AT THE FOOT OF THE STAIRS

As I drove rapidly up to the house from Casanova Station in the hack, I saw the detective Burns loitering across the street from the Walker place. So Jamieson was putting the screws on—lightly now, but ready to give them a twist or two, I felt certain, very soon.

The house was quiet. Two steps of the circular staircase had been pried off, without result, and beyond a second message from Gertrude, that Halsey insisted on coming home and they would arrive that night, there was nothing new. Mr. Jamieson, having failed to locate the secret room, had gone to the village. I learned afterwards that he called at Doctor Walker's, under pretense of an attack of acute indigestion, and before he left, had inquired about the evening trains to the city. He said he had wasted a lot of time on the case, and a good bit of the mystery was in my imagination! The doctor was under the impression that the house was guarded day and night. Well, give a place a reputation like that, and you don't need a guard at all,—thus Jamieson. And sure enough, late in the afternoon, the two private detectives, accompanied by Mr. Jamieson, walked down the main street of Casanova and took a city-bound train.

That they got off at the next station and walked back again to Sunnyside at dusk, was not known at the time. Personally, I knew nothing of either move; I had other things to absorb me at that time.

Liddy brought me some tea while I rested after my trip, and on the tray was a small book from the Casanova library. It was called The Unseen World and had a cheerful cover on which a half-dozen sheeted figures linked hands around a headstone.

At this point in my story, Halsey always says: "Trust a woman to add two and two together, and make six." To which I retort that if two and two plus X make six, then to discover the unknown quantity is the simplest thing in the world. That a houseful of detectives missed it entirely was because they were busy trying to prove that two and two make four.

The depression due to my visit to the hospital left me at the prospect of seeing Halsey again that night. It was about five o'clock when Liddy left me for a nap before dinner, having put me into a gray silk dressing-gown and a pair of slippers. I listened to her retreating footsteps, and as soon as she was safely below stairs, I went up to the trunk-room. The place had not been disturbed, and I proceeded at once to try to discover the entrance to the hidden room. The openings on either side, as I have said, showed nothing but perhaps three feet of brick wall.

There was no sign of an entrance—no levers, no hinges, to give a hint. Either the mantel or the roof, I decided, and after a half-hour at the mantel, productive of absolutely no result, I decided to try the roof.

I am not fond of a height. The few occasions on which I have climbed a step-ladder have always left me dizzy and weak in the knees. The top of the Washington monument is as impossible to me as the elevation of the presidential chair.
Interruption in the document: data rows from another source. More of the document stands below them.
-- ===== src/Pushlog/Repair/Clear.antt =====
-- Rows that an update of `handledestroyed` does not clash with.
use version_control_tools_fx.Base.{
  ℕ, ◌≤◌, ◌<◌, ◌≡◌, ◌≢◌, refl, sym, ap, ◌∙◌, Bool, true, false, not, ◌&&◌, List, [], ◌∷◌, ◌++◌, map,
  Option, some, Text, text_eq, text_eq_iff, any, All, ◌==◌, arith, Bool-cases, inl, inr, ◌⊎◌,
}
use version_control_tools_fx.Pushlog.Db.{ChangesetRow}
use version_control_tools_fx.Pushlog.Lookup.{filter_rows}
use version_control_tools_fx.Pushlog.Repair.{has_rev, set_rev}
use version_control_tools_fx.Pushlog.Record.{is_known}
use version_control_tools_fx.Pushlog.Repair.Updated.{now, touch, Current, now-eq, now-node}

module _ (resolve : Text → Option (ℕ × Text)) where
  -- Both changesets are there, and the first has the lower revision.
  abbrev pub Before : ChangesetRow → ChangesetRow → Type 0
  Before c d =
      is_known resolve c.node ≡ true
      → is_known resolve d.node ≡ true
      → (now resolve c).rev < (now resolve d).rev

  -- No revision has risen, and changesets that are there stand in the order of their revisions.
  abbrev pub KeepOrder : List ChangesetRow → Type 0
  KeepOrder [] = Unit
  KeepOrder (c ∷ cs) = ((now resolve c).rev ≤ c.rev) × All (Before c) cs × KeepOrder cs

  touch-cases :
      (us : List (Text × ℕ)) (c : ChangesetRow)
      → (touch resolve us c ≡ now resolve c) ⊎ (touch resolve us c ≡ c)
  unfolding touch
  touch-cases us c = elim (Bool-cases (any (λ (u : Text × ℕ). text_eq c.node u.0) us)) [
    | inl hit ↦ inl (rw (touch, hit) refl)
    | inr miss ↦ inr (rw (touch, miss) refl)
  ]

  touch-node : (us : List (Text × ℕ)) (c : ChangesetRow) → (touch resolve us c).node ≡ c.node
  touch-node us c = elim (touch-cases us c) [
    | inl e ↦ ap (λ (d : ChangesetRow). d.node) e ∙ now-node resolve c
    | inr e ↦ ap (λ (d : ChangesetRow). d.node) e
  ]

  set-same :
      (u : Text × ℕ) (d c : ChangesetRow)
      → Current resolve u
      → text_eq c.node u.0 ≡ true
      → (d ≡ now resolve c) ⊎ (d ≡ c)
      → set_rev u.0 u.1 d ≡ now resolve c
  set-same u d c (ctx, there) same h =
      let found : resolve c.node ≡ some (u.1, ctx) =
        ap resolve ((text_eq_iff c.node u.0).0 same) ∙ there in
      let is : now resolve c ≡ record c { rev = u.1 } = now-eq resolve c (u.1, ctx) found in
      let set : set_rev u.0 u.1 c ≡ record c { rev = u.1 } = rw same refl in
      let again : set_rev u.0 u.1 (record c { rev = u.1 }) ≡ record c { rev = u.1 } =
        rw same refl in
      elim h [
        | inl e ↦ ap (set_rev u.0 u.1) (e ∙ is) ∙ again ∙ sym is
        | inr e ↦ ap (set_rev u.0 u.1) e ∙ set ∙ sym is
      ]

  set-other : (u : Text × ℕ) (d : ChangesetRow) → text_eq d.node u.0 ≡ false → set_rev u.0 u.1 d ≡ d
  set-other u d h = rw h refl

  -- An update behind others.
  pub set-touch :
      (u : Text × ℕ) (us : List (Text × ℕ)) (c : ChangesetRow)
      → Current resolve u
      → set_rev u.0 u.1 (touch resolve us c) ≡ touch resolve (u ∷ us) c
  unfolding touch
  set-touch u us c h = elim (Bool-cases (text_eq c.node u.0)) [
    | inl same ↦
        let hit : touch resolve (u ∷ us) c ≡ now resolve c = rw (touch, same) refl in
        set-same u (touch resolve us c) c h same (touch-cases us c) ∙ sym hit
    | inr other ↦
        let miss : touch resolve (u ∷ us) c ≡ touch resolve us c = rw (touch, other) refl in
        set-other u (touch resolve us c)
          (ap (λ (t : Text). text_eq t u.0) (touch-node us c) ∙ other)
        ∙ sym miss
  ]

  pub touch-hit :
      (u : Text × ℕ) (us : List (Text × ℕ)) (c : ChangesetRow)
      → text_eq c.node u.0 ≡ true
      → touch resolve (u ∷ us) c ≡ now resolve c
  unfolding touch
  touch-hit u us c h = rw (touch, h) refl

  pub touch-more :
      (u : Text × ℕ) (us : List (Text × ℕ)) (c : ChangesetRow)
      → touch resolve us c ≡ now resolve c
      → touch resolve (u ∷ us) c ≡ now resolve c
  unfolding touch
  touch-more u us c h = elim (Bool-cases (text_eq c.node u.0)) [
    | inl same ↦ rw (touch, same) refl
    | inr other ↦ rw (touch, other) h
  ]

  pub any-known :
      (p : ChangesetRow → Bool) (f : ChangesetRow → ChangesetRow) (cs : List ChangesetRow)
      → any p (map f (filter_rows (λ (c : ChangesetRow). is_known resolve c.node) cs))
        ≡ any (λ (c : ChangesetRow). is_known resolve c.node && p (f c)) cs
  unfolding filter_rows
  any-known p f [] = refl
  any-known p f (c ∷ cs) = ground (arith, any-known p f cs)

  pub any-none :
      (p : ChangesetRow → Bool) (cs : List ChangesetRow)
      → All (λ (c : ChangesetRow). p c ≡ false) cs
      → any p cs ≡ false
  any-none p [] h = refl
  any-none p (c ∷ cs) h = rw h.0 (any-none p cs h.1)

  pub All-append :
      (P : ChangesetRow → Type 0) (xs ys : List ChangesetRow)
      → All P xs
      → All P ys
      → All P (xs ++ ys)
  All-append P [] ys h k = k
  All-append P (x ∷ xs) ys h k = (h.0, All-append P xs ys h.1 k)

  -- A row that clashes with no update of `t`.
  abbrev pub Clear : List (Text × ℕ) → ChangesetRow → ChangesetRow → Type 0
  Clear us t c =
      (is_known resolve c.node && has_rev t.node (now resolve t).rev (touch resolve us c)) ≡ false

  other_rev : (x y : Bool) (a b : ℕ) → (y ≡ true → a ≢ b) → (y && (x && a == b)) ≡ false
  other_rev x y a b h = ground (arith, h)

  pub earlier_row-Clear :
      (us : List (Text × ℕ)) (t c : ChangesetRow)
      → is_known resolve t.node ≡ true
      → touch resolve us c ≡ now resolve c
      → Before c t
      → Clear us t c
  earlier_row-Clear us t c k h b =
      other_rev (not (text_eq (touch resolve us c).node t.node)) (is_known resolve c.node)
        (touch resolve us c).rev (now resolve t).rev
        (λ there e. absurd (omega (arith, b there k, sym (ap (λ (d : ChangesetRow). d.rev) h) ∙ e)))

  pub same_row-Clear : (us : List (Text × ℕ)) (t : ChangesetRow) → Clear us t t
  same_row-Clear us t = rw (touch-node us t, (text_eq_iff t.node t.node).1 refl) (ground arith)

  pub row_behind-Clear :
      (us : List (Text × ℕ)) (t c : ChangesetRow)
      → is_known resolve t.node ≡ true
      → (now resolve c).rev ≤ c.rev
      → Before t c
      → Clear us t c
  row_behind-Clear us t c k h b =
      other_rev (not (text_eq (touch resolve us c).node t.node)) (is_known resolve c.node)
        (touch resolve us c).rev (now resolve t).rev
        (λ there e.
          let less = b k there in
          elim (touch-cases us c) [
            | inl now_there ↦
                absurd (omega (arith, less, sym (ap (λ (d : ChangesetRow). d.rev) now_there) ∙ e))
            | inr still ↦
                absurd (omega (arith, less, h, sym (ap (λ (d : ChangesetRow). d.rev) still) ∙ e))
          ])

  abbrev pub known_rows : List ChangesetRow → List ChangesetRow
  known_rows cs = filter_rows (λ (c : ChangesetRow). is_known resolve c.node) cs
And yet—I climbed out on to the Sunnyside roof without a second's hesitation. Like a dog on a scent, like my bearskin progenitor, with his spear and his wild boar, to me now there was the lust of the chase, the frenzy of pursuit, the dust of battle. I got quite a little of the latter on me as I climbed from the unfinished ball-room out through a window to the roof of the east wing of the building, which was only two stories in height.

Once out there, access to the top of the main building was rendered easy—at least it looked easy—by a small vertical iron ladder, fastened to the wall outside of the ball-room, and perhaps twelve feet high. The twelve feet looked short from below, but they were difficult to climb. I gathered my silk gown around me, and succeeded finally in making the top of the ladder.
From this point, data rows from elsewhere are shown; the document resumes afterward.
-- ===== src/Pushlog/Repair/Destroyed.antt =====
-- What `handledestroyed` leaves of the changesets.
use version_control_tools_fx.Base.{
  ℕ, ◌≡◌, sym, ap, ◌∙◌, true, ◌&&◌, List, map, Option, Text, text_eq, any,
}
use version_control_tools_fx.Base.Result.{ok, >>=-eq-ok}
use version_control_tools_fx.Pushlog.Db.{ChangesetRow, Db}
use version_control_tools_fx.Pushlog.Lookup.{filter_rows}
use version_control_tools_fx.Pushlog.Db.Rows.{All-imp}
use version_control_tools_fx.Pushlog.Repair.{
  deletes, revupdates, delete_nodes, update_revs, handledestroyed,
}
use version_control_tools_fx.Pushlog.Record.{is_known}
use version_control_tools_fx.Pushlog.Repair.Deleted.{rows, deleted}
use version_control_tools_fx.Pushlog.Repair.Updated.{
  now, stale, touch, map-filter, touch-eq-now, stale-any, update_revs-touch, revupdates-Current,
}

module _ (resolve : Text → Option (ℕ × Text)) where
  -- The rows resolve of the changesets that are there, with their revisions.
  unfoldable pub surviving : List ChangesetRow → List ChangesetRow
  unfolding now filter_rows
  surviving cs = map (now resolve) (filter_rows (λ (c : ChangesetRow). is_known resolve c.node) cs)

  touched :
      (cs : List ChangesetRow)
      → map
          (touch resolve (revupdates resolve (rows resolve cs)))
          (delete_nodes (deletes resolve (rows resolve cs)) cs)
        ≡ surviving cs
  unfolding surviving
  touched cs =
      ap (map (touch resolve (revupdates resolve (rows resolve cs)))) (deleted resolve cs)
      ∙ map-filter resolve (touch resolve (revupdates resolve (rows resolve cs))) (now resolve)
          (λ (c : ChangesetRow). is_known resolve c.node) cs
          (All-imp
            (λ (c : ChangesetRow).
              stale resolve c ≡ true
              → any (λ (d : ChangesetRow). text_eq c.node d.node && stale resolve d) cs ≡ true)
            (λ (c : ChangesetRow).
              touch resolve (revupdates resolve (rows resolve cs)) c ≡ now resolve c)
            cs (touch-eq-now resolve cs) (stale-any resolve cs))

-- Where it raises nothing, `handledestroyed` leaves the rows of the changesets that are there, in
-- their order and with their revisions of now, and all pushes.
pub handledestroyed-surviving :
    (resolve : Text → Option (ℕ × Text)) (db : Db) {db' : Db}
    → handledestroyed resolve db ≡ ok db'
    → db' ≡ record db { changesets = surviving resolve db.changesets }
unfolding handledestroyed rows
handledestroyed-surviving resolve db {db'} h =
    let order = rows resolve db.changesets in
    let us = revupdates resolve order in
    let (cs, updated, same) =
      >>=-eq-ok (update_revs us (delete_nodes (deletes resolve order) db.changesets))
        (λ (cs : List ChangesetRow). ok (record db { changesets = cs })) h in
    let is : cs ≡ surviving resolve db.changesets =
      update_revs-touch resolve us _ (revupdates-Current resolve order) updated
      ∙ touched resolve db.changesets in
    let there : record db { changesets = cs } ≡ db' = cc in
    sym there ∙ ap (λ (ds : List ChangesetRow). record db { changesets = ds }) is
Once there, however, I was completely out of breath. I sat down, my feet on the top rung, and put my hair pins in more securely, while the wind bellowed my dressing-gown out like a sail. I had torn a great strip of the silk loose, and now I ruthlessly finished the destruction of my gown by jerking it free and tying it around my head.
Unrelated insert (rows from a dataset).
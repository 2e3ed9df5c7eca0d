-- ===== src/Pushlog/Repair/Reordered.antt =====
-- `handledestroyed` where the changesets keep their order: the updates meet no revision that
-- another row has.
use version_control_tools_fx.Base.{
  ℕ, ◌≡◌, refl, sym, ap, ◌∙◌, Bool, true, false, ◌&&◌, List, [], ◌∷◌, ◌++◌, append_assoc, map,
  Option, Text, text_eq, text_eq_iff, any, All, ◌==◌, arith, Bool-cases, Option-cases, inl, inr,
}
use mathlib.Core.Path.{subst}
use version_control_tools_fx.Base.Result.{ok}
use version_control_tools_fx.Pushlog.Db.{ChangesetRow, Db}
use version_control_tools_fx.Pushlog.Db.Rows.{All-imp, All-snoc}
use version_control_tools_fx.Pushlog.Lookup.{order_by}
use version_control_tools_fx.Pushlog.Query.Ordered.{any-order_by}
use version_control_tools_fx.Pushlog.Repair.{
  row_before, deletes, revupdates, delete_nodes, has_rev, set_rev, update_revs, handledestroyed,
}
use version_control_tools_fx.Pushlog.Record.{is_known}
use version_control_tools_fx.Pushlog.Repair.Deleted.{rows, deleted}
use version_control_tools_fx.Pushlog.Repair.Updated.{
  now, touch, Current, now-eq, touch-fresh, touch-none, now-gone,
}
use version_control_tools_fx.Pushlog.Repair.Destroyed.{surviving, handledestroyed-surviving}
use version_control_tools_fx.Pushlog.Repair.Clear.{
  Before, KeepOrder, Clear, known_rows, set-touch, touch-hit, touch-more, any-known, any-none,
  All-append, earlier_row-Clear, same_row-Clear, row_behind-Clear,
}

module _ (resolve : Text → Option (ℕ × Text)) where
  earlier_rows_pass :
      (us : List (Text × ℕ)) (t : ChangesetRow) (before todo : List ChangesetRow)
      → is_known resolve t.node ≡ true
      → All (λ (c : ChangesetRow). touch resolve us c ≡ now resolve c) before
      → All (λ (c : ChangesetRow). All (Before resolve c) (t ∷ todo)) before
      → All (Clear resolve us t) before
  earlier_rows_pass us t [] todo k h b = tt
  earlier_rows_pass us t (c ∷ cs) todo k h b =
      (earlier_row-Clear resolve us t c k h.0 b.0.0, earlier_rows_pass us t cs todo k h.1 b.1)

  rows_behind_pass :
      (us : List (Text × ℕ)) (t : ChangesetRow) (todo : List ChangesetRow)
      → is_known resolve t.node ≡ true
      → All (Before resolve t) todo
      → KeepOrder resolve todo
      → All (Clear resolve us t) todo
  rows_behind_pass us t [] k b o = tt
  rows_behind_pass us t (c ∷ cs) k b o =
      (row_behind-Clear resolve us t c k o.0 b.0, rows_behind_pass us t cs k b.1 o.2)

  no_clash :
      (before todo : List ChangesetRow) (t : ChangesetRow) (us : List (Text × ℕ))
      (cs : List ChangesetRow)
      → is_known resolve t.node ≡ true
      → ((p : ChangesetRow → Bool) → any p (before ++ t ∷ todo) ≡ any p cs)
      → All (λ (c : ChangesetRow). touch resolve us c ≡ now resolve c) before
      → All (λ (c : ChangesetRow). All (Before resolve c) (t ∷ todo)) before
      → KeepOrder resolve (t ∷ todo)
      → any (has_rev t.node (now resolve t).rev) (map (touch resolve us) (known_rows resolve cs))
        ≡ false
  no_clash before todo t us cs k same h b o =
      let clash : ChangesetRow → Bool =
        λ c. is_known resolve c.node && has_rev t.node (now resolve t).rev (touch resolve us c) in
      any-known resolve (has_rev t.node (now resolve t).rev) (touch resolve us) cs
      ∙ sym (same clash)
      ∙ any-none resolve clash (before ++ t ∷ todo) (
          All-append resolve (Clear resolve us t) before (t ∷ todo)
            (earlier_rows_pass us t before todo k h b)
            (same_row-Clear resolve us t, rows_behind_pass us t todo k o.1 o.2))

  set-touches :
      (u : Text × ℕ) (us : List (Text × ℕ)) (cs : List ChangesetRow)
      → Current resolve u
      → map (set_rev u.0 u.1) (map (touch resolve us) cs) ≡ map (touch resolve (u ∷ us)) cs
  set-touches u us [] h = refl
  set-touches u us (c ∷ cs) h = rw (set-touch resolve u us c h, set-touches u us cs h) refl

  -- The row at hand goes to those before it.
  later_rows :
      (before todo : List ChangesetRow) (t : ChangesetRow)
      → All (λ (c : ChangesetRow). All (Before resolve c) (t ∷ todo)) before
      → All (Before resolve t) todo
      → All (λ (c : ChangesetRow). All (Before resolve c) todo) (before ++ t ∷ [])
  later_rows before todo t b k =
      All-snoc (λ (c : ChangesetRow). All (Before resolve c) todo) before t
        (All-imp (λ (c : ChangesetRow). All (Before resolve c) (t ∷ todo))
          (λ (c : ChangesetRow). All (Before resolve c) todo) before (λ c x. x.1) b)
        k

  same_rows :
      (before todo : List ChangesetRow) (t : ChangesetRow) (cs : List ChangesetRow)
      → ((p : ChangesetRow → Bool) → any p (before ++ t ∷ todo) ≡ any p cs)
      → (p : ChangesetRow → Bool) → any p ((before ++ t ∷ []) ++ todo) ≡ any p cs
  same_rows before todo t cs same p = ap (any p) (append_assoc before (t ∷ []) todo) ∙ same p

  touched_rows :
      (before : List ChangesetRow) (t : ChangesetRow) (us : List (Text × ℕ)) (u : Text × ℕ)
      → text_eq t.node u.0 ≡ true
      → All (λ (c : ChangesetRow). touch resolve us c ≡ now resolve c) before
      → All (λ (c : ChangesetRow). touch resolve (u ∷ us) c ≡ now resolve c) (before ++ t ∷ [])
  touched_rows before t us u hit h =
      All-snoc (λ (c : ChangesetRow). touch resolve (u ∷ us) c ≡ now resolve c) before t
        (All-imp (λ (c : ChangesetRow). touch resolve us c ≡ now resolve c)
          (λ (c : ChangesetRow). touch resolve (u ∷ us) c ≡ now resolve c) before
          (touch-more resolve u us) h)
        (touch-hit resolve u us t hit)

  -- The updates of the rows that are left, behind those of the rows before them.
  updates-ok :
      (before todo : List ChangesetRow) (us : List (Text × ℕ)) (cs : List ChangesetRow)
      → ((p : ChangesetRow → Bool) → any p (before ++ todo) ≡ any p cs)
      → All (λ (c : ChangesetRow). touch resolve us c ≡ now resolve c) before
      → All (λ (c : ChangesetRow). All (Before resolve c) todo) before
      → KeepOrder resolve todo
      → (done : List ChangesetRow) × (update_revs
            (revupdates resolve todo)
            (map (touch resolve us) (known_rows resolve cs))
          ≡ ok done)
  unfolding update_revs revupdates
  updates-ok before [] us cs same h b k = (map (touch resolve us) (known_rows resolve cs), refl)
  updates-ok before (t ∷ todo) us cs same h b k =
      let later = later_rows before todo t b k.1 in
      let moved = same_rows before todo t cs same in
      let fresh : now resolve t ≡ t
          → All (λ (c : ChangesetRow). touch resolve us c ≡ now resolve c) (before ++ t ∷ []) =
        λ e.
          All-snoc (λ (c : ChangesetRow). touch resolve us c ≡ now resolve c) before t h
            (touch-fresh resolve us t e) in
      elim (Option-cases (resolve t.node)) [
        | inl gone ↦
            rw (revupdates, gone)
              (updates-ok (before ++ t ∷ []) todo us cs moved (fresh (now-gone resolve t gone))
                later k.2)
        | inr (ctx, there) ↦ elim (Bool-cases (ctx.0 == t.rev)) [
          | inl still ↦
              rw (revupdates, there, still)
                (updates-ok (before ++ t ∷ []) todo us cs moved
                  (fresh (
                    now-eq resolve t ctx there
                    ∙ ap (λ r. record t { rev = r }) (ground (arith, still))))
                  later k.2)
          | inr moves ↦
              let u : Text × ℕ = (t.node, ctx.0) in
              let current : Current resolve u = (ctx.1, there) in
              let known : is_known resolve t.node ≡ true = rw (is_known, there) refl in
              let rev : (now resolve t).rev ≡ ctx.0 =
                ap (λ (c : ChangesetRow). c.rev) (now-eq resolve t ctx there) in
              let free : any (has_rev t.node ctx.0) (map (touch resolve us) (known_rows resolve cs))
                  ≡ false =
                subst
                  (λ r.
                    any (has_rev t.node r) (map (touch resolve us) (known_rows resolve cs)) ≡ false)
                  rev (no_clash before todo t us cs known same h b k) in
              let touched = touched_rows before t us u ((text_eq_iff t.node t.node).1 refl) h in
              let (done, e) =
                updates-ok (before ++ t ∷ []) todo (u ∷ us) cs moved touched later k.2 in
              (
                done,
                rw
                    (
                      revupdates,
                      there,
                      moves,
                      update_revs,
                      free,
                      set-touches u us (known_rows resolve cs) current,
                    )
                    e,
              )
        ]
      ]

-- Where no revision has risen, and the changesets that are there keep their order under the order
-- of the pushes, `handledestroyed` raises nothing: it leaves the rows of these changesets, in their
-- order and with their revisions of now, and all pushes.
pub handledestroyed-KeepOrder :
    (resolve : Text → Option (ℕ × Text)) (db : Db)
    → KeepOrder resolve (order_by row_before db.changesets)
    → handledestroyed resolve db ≡ ok (record db { changesets = surviving resolve db.changesets })
unfolding handledestroyed rows
handledestroyed-KeepOrder resolve db k =
    let order = order_by row_before db.changesets in
    let (cs, updated) =
      updates-ok resolve [] order [] db.changesets (λ p. any-order_by row_before p db.changesets) tt
        tt k in
    let start : map (touch resolve []) (known_rows resolve db.changesets)
        ≡ delete_nodes (deletes resolve order) db.changesets =
      sym (touch-none resolve (known_rows resolve db.changesets))
      ∙ sym (deleted resolve db.changesets) in
    let done : update_revs (revupdates resolve order)
          (delete_nodes (deletes resolve order) db.changesets)
        ≡ ok cs =
      ap (update_revs (revupdates resolve order)) (sym start) ∙ updated in
    let ends : handledestroyed resolve db ≡ ok (record db { changesets = cs }) = rw done refl in
    ends ∙ ap ok (handledestroyed-surviving resolve db ends)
From far below the smallest sounds came up with peculiar distinctness. I could hear the paper boy whistling down the drive, and I heard something else. I heard the thud of a stone, and a spit, followed by a long and startled meiou from Beulah. I forgot my fear of a height, and advanced boldly almost to the edge of the roof.

It was half-past six by that time, and growing dusk.

"You boy, down there!" I called.

The paper boy turned and looked around. Then, seeing nobody, he raised his eyes. It was a moment before he located me: when he did, he stood for one moment as if paralyzed, then he gave a horrible yell, and dropping his papers, bolted across the lawn to the road without stopping to look around. Once he fell, and his impetus was so great that he turned an involuntary somersault. He was up and off again without any perceptible pause, and he leaped the hedge—which I am sure under ordinary stress would have been a feat for a man.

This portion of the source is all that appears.